◆ Entries supplied

──────

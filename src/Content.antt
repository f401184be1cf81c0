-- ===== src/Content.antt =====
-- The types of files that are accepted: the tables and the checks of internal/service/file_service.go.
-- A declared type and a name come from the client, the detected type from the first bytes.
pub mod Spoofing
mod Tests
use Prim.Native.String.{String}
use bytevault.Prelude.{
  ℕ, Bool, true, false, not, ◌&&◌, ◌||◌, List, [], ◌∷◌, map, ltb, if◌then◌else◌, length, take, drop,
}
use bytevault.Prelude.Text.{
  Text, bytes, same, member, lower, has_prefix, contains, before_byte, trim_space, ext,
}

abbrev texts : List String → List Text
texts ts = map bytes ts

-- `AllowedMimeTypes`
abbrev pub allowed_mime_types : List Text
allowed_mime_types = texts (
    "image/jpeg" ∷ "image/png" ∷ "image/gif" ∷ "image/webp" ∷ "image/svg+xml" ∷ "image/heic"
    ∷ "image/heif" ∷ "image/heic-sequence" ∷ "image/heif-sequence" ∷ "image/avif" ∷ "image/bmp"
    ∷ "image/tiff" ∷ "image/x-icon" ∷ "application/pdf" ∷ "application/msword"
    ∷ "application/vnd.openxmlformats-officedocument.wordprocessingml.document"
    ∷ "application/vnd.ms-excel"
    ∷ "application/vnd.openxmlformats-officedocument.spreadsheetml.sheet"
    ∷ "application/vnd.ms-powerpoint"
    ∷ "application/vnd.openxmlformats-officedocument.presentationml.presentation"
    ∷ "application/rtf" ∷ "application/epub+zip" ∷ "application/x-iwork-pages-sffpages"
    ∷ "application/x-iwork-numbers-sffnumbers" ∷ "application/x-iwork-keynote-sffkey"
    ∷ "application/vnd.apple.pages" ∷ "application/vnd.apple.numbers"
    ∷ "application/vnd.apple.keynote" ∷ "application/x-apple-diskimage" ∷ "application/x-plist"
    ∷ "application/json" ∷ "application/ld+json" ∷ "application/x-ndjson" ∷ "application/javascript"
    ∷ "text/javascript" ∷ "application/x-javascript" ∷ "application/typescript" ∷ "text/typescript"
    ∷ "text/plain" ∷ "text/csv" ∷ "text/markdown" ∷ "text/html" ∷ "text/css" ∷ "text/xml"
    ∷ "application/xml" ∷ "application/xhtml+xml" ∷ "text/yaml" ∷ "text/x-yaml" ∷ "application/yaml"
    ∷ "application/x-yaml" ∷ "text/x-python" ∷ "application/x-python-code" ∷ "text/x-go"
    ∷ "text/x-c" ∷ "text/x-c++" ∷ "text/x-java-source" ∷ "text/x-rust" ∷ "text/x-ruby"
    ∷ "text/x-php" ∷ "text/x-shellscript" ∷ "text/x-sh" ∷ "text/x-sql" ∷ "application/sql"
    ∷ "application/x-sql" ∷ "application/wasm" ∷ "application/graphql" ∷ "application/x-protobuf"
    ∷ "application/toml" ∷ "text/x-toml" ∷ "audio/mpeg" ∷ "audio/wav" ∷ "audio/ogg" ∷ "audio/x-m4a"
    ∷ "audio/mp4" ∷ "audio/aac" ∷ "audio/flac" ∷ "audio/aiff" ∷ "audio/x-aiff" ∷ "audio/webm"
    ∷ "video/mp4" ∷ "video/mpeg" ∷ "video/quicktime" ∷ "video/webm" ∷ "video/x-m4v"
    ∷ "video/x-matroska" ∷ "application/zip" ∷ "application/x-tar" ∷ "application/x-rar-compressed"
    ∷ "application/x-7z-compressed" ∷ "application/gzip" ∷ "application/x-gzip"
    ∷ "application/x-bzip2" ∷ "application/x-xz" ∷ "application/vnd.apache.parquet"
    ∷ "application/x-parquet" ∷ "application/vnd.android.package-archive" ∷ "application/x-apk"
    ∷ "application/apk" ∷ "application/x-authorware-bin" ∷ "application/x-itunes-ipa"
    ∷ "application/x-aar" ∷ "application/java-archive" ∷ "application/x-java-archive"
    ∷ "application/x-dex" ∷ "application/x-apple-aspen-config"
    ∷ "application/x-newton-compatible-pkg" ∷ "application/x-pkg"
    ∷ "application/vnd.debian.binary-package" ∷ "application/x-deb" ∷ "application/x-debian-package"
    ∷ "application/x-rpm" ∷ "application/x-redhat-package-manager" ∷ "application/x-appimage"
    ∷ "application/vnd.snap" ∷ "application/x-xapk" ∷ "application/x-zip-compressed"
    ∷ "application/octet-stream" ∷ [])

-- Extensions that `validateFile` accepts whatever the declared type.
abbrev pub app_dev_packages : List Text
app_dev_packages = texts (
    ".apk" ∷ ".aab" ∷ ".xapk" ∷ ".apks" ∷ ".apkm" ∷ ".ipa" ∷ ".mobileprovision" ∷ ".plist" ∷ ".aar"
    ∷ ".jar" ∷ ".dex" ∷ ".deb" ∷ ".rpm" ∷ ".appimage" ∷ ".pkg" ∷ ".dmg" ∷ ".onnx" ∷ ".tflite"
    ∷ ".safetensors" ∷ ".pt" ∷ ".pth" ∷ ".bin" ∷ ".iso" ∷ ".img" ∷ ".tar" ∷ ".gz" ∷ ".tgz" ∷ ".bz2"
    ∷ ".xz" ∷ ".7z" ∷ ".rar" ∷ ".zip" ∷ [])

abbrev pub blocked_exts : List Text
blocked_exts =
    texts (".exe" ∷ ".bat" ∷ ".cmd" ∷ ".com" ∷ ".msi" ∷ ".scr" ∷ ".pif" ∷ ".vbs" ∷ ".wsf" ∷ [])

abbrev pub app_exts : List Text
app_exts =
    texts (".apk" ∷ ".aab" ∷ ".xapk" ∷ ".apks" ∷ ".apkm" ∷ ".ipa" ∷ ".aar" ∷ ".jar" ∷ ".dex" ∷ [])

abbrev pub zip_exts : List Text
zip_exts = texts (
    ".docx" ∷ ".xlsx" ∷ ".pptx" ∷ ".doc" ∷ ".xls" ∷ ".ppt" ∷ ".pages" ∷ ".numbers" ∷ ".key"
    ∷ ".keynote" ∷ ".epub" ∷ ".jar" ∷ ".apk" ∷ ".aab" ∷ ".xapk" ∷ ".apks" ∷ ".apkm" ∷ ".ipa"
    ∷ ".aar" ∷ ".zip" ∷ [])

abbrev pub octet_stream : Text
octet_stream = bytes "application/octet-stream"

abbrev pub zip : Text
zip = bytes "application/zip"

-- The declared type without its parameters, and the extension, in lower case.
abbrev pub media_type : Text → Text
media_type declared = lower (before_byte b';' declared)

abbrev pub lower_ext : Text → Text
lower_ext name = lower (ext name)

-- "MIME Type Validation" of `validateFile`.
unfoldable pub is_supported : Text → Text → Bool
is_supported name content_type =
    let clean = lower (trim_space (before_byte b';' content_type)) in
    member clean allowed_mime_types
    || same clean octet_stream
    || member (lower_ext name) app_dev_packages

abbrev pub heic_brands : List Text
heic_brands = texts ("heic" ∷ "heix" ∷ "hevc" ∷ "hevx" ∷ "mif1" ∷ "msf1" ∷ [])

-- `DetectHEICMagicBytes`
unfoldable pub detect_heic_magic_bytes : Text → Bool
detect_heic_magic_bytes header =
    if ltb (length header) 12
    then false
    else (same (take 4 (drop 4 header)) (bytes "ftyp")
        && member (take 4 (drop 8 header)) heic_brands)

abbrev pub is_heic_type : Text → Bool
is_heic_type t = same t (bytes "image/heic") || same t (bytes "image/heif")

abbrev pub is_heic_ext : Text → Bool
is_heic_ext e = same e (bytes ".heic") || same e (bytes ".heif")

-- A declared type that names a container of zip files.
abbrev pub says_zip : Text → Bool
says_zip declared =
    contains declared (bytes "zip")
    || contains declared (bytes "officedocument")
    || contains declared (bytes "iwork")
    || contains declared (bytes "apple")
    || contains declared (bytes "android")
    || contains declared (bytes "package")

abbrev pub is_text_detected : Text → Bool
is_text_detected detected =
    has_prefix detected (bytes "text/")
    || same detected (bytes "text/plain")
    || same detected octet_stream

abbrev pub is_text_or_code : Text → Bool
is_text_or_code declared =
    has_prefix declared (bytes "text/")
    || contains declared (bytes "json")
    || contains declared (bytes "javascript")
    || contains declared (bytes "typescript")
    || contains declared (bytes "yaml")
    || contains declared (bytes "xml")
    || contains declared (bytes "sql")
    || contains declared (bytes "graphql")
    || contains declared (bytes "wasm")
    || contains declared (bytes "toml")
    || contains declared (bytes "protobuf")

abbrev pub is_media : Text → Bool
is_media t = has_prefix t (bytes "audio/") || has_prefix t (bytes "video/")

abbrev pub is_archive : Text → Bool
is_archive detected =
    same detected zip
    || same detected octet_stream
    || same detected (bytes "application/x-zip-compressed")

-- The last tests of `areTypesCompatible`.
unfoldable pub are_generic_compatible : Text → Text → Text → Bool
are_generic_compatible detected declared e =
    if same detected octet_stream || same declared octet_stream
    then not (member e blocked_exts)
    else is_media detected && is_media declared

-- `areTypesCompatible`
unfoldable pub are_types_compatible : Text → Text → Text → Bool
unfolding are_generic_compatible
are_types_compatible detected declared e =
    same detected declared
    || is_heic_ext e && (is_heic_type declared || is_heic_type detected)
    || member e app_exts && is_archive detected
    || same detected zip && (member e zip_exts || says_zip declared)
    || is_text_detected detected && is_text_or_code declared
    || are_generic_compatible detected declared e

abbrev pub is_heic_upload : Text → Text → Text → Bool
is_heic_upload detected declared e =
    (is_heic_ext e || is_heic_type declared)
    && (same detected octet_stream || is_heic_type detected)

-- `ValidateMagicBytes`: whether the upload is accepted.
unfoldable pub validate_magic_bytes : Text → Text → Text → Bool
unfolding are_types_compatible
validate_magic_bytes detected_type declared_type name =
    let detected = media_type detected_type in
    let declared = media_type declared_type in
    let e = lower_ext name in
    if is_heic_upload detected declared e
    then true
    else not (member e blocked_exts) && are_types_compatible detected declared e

──────

When a line of the entries contains "webm", it counts; say how many such lines there are, and nothing more.

◆ Answer box
2